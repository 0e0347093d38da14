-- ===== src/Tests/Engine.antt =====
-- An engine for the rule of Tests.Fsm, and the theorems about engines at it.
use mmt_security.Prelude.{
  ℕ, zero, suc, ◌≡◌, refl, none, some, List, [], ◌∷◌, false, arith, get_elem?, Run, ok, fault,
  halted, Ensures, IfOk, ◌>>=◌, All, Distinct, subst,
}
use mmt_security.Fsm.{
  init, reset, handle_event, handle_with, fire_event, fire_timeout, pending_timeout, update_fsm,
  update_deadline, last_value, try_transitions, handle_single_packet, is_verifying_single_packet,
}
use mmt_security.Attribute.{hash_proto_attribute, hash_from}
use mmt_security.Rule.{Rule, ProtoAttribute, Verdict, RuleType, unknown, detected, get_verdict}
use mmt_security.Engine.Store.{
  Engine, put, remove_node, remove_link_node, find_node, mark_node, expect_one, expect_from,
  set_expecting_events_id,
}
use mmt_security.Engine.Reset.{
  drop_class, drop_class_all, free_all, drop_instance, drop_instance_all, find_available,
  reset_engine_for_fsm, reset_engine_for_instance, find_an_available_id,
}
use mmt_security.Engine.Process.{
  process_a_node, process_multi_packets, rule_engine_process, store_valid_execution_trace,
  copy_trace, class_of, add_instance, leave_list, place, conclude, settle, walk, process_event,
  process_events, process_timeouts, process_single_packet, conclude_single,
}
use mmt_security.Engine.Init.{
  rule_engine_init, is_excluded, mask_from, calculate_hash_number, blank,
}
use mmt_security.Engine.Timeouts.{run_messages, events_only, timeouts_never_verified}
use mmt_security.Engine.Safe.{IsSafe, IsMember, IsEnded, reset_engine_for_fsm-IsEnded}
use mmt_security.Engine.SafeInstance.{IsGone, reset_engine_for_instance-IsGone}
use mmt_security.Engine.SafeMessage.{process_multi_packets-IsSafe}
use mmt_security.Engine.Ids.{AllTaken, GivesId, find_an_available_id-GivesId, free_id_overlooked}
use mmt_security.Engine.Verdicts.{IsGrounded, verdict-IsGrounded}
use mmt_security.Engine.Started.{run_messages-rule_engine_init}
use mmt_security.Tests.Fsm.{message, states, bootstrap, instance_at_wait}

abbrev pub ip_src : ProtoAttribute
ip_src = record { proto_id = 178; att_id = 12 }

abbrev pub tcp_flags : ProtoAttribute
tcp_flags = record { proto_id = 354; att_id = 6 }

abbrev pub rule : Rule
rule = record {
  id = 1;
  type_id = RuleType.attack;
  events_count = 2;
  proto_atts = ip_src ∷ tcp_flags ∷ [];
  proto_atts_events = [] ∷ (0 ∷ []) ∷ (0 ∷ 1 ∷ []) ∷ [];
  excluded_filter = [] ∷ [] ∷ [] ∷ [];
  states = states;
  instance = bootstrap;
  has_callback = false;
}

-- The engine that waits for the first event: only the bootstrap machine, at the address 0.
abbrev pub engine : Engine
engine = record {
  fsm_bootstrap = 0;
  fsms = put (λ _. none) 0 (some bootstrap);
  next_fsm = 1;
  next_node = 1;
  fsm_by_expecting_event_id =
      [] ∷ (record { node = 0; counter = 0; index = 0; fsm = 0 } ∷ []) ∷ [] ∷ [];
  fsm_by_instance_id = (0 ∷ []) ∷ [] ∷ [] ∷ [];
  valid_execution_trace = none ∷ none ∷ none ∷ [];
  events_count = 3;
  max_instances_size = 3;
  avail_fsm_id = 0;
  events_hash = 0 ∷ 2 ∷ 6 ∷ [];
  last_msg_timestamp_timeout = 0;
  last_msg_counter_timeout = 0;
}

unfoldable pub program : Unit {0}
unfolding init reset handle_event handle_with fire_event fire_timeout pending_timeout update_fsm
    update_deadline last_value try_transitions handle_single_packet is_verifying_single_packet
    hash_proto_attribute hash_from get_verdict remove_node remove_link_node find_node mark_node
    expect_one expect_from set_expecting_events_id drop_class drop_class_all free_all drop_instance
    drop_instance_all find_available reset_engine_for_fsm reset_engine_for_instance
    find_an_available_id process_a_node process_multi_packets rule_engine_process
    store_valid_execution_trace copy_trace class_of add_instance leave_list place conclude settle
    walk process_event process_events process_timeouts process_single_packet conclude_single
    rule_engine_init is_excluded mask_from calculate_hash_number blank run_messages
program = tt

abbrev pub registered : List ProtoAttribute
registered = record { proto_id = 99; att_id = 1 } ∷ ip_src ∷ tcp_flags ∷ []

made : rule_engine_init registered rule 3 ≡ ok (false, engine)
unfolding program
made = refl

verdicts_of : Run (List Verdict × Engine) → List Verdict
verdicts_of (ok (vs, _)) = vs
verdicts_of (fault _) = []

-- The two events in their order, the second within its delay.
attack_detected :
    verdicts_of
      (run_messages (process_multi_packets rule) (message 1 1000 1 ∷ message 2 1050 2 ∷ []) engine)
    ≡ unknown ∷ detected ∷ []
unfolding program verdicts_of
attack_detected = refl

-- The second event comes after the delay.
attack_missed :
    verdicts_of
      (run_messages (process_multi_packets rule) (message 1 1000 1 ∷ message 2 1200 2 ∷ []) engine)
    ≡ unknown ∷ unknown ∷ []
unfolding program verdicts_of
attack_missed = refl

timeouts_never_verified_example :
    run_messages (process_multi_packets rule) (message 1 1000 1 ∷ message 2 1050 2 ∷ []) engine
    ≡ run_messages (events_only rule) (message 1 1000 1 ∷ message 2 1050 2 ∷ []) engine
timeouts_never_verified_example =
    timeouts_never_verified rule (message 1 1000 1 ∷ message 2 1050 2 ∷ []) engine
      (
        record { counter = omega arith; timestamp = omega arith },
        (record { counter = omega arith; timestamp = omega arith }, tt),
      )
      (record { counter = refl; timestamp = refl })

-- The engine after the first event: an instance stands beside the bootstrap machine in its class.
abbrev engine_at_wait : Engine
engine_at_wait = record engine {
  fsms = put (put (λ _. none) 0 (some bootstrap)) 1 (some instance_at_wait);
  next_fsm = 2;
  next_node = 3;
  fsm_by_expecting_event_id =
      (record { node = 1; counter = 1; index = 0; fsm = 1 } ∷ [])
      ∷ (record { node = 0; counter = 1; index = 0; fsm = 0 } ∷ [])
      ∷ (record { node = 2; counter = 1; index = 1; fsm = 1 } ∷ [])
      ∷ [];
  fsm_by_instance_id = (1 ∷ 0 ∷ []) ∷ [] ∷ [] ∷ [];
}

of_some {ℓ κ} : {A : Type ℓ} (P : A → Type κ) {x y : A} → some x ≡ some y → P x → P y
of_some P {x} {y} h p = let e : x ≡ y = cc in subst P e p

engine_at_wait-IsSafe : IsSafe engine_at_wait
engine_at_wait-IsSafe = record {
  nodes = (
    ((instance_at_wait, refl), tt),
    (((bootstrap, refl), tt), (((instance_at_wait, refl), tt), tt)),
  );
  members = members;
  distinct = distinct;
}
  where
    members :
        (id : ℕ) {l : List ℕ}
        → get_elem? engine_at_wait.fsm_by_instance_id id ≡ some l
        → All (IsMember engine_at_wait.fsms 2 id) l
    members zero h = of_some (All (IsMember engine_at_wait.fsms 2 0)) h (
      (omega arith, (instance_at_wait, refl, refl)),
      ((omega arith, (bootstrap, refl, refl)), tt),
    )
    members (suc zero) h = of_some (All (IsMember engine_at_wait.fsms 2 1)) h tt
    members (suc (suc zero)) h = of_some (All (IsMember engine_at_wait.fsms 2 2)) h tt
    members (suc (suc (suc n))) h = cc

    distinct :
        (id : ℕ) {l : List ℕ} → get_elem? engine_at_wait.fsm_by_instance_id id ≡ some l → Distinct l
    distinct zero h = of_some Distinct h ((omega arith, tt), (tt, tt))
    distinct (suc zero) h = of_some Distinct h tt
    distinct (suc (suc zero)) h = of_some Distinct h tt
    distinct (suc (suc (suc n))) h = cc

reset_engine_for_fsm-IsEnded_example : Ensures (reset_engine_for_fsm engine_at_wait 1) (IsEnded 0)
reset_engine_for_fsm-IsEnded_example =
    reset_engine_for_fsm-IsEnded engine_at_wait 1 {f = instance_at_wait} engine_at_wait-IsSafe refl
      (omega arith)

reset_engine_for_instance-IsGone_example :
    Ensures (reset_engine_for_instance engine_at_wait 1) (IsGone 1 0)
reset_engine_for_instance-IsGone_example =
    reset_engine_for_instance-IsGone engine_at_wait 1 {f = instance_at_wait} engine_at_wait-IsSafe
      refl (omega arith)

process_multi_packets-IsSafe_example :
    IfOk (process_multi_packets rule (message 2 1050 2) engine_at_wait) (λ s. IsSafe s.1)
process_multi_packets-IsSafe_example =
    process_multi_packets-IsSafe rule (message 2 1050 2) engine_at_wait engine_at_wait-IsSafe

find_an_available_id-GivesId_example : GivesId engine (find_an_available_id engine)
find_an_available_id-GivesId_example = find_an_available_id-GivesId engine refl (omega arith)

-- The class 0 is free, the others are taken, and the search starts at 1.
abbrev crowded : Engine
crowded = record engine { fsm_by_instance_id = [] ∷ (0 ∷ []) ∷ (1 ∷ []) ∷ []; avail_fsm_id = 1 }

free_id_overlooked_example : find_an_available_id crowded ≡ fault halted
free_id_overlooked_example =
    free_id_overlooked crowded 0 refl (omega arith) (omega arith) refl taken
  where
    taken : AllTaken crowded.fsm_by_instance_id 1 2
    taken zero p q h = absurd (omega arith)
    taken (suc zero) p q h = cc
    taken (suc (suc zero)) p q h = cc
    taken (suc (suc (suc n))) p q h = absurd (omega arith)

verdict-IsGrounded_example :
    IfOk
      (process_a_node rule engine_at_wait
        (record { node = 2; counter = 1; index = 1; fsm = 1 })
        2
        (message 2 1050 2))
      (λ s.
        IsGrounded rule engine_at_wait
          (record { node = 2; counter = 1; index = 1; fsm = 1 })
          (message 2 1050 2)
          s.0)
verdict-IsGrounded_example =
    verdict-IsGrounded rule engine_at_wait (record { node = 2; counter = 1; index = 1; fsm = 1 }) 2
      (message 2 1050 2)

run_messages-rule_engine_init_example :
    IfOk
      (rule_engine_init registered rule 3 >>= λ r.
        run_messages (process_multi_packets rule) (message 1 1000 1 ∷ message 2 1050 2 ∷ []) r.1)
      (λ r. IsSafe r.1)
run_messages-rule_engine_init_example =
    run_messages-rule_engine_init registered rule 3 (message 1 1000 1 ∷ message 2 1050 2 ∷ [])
· · · · · · ·
● About this exercise: Among the records above, which lines hold the word "subst"? Copy each one.

● Output of the task:
  halted, Ensures, IfOk, ◌>>=◌, All, Distinct, subst,
of_some P {x} {y} h p = let e : x ≡ y = cc in subst P e p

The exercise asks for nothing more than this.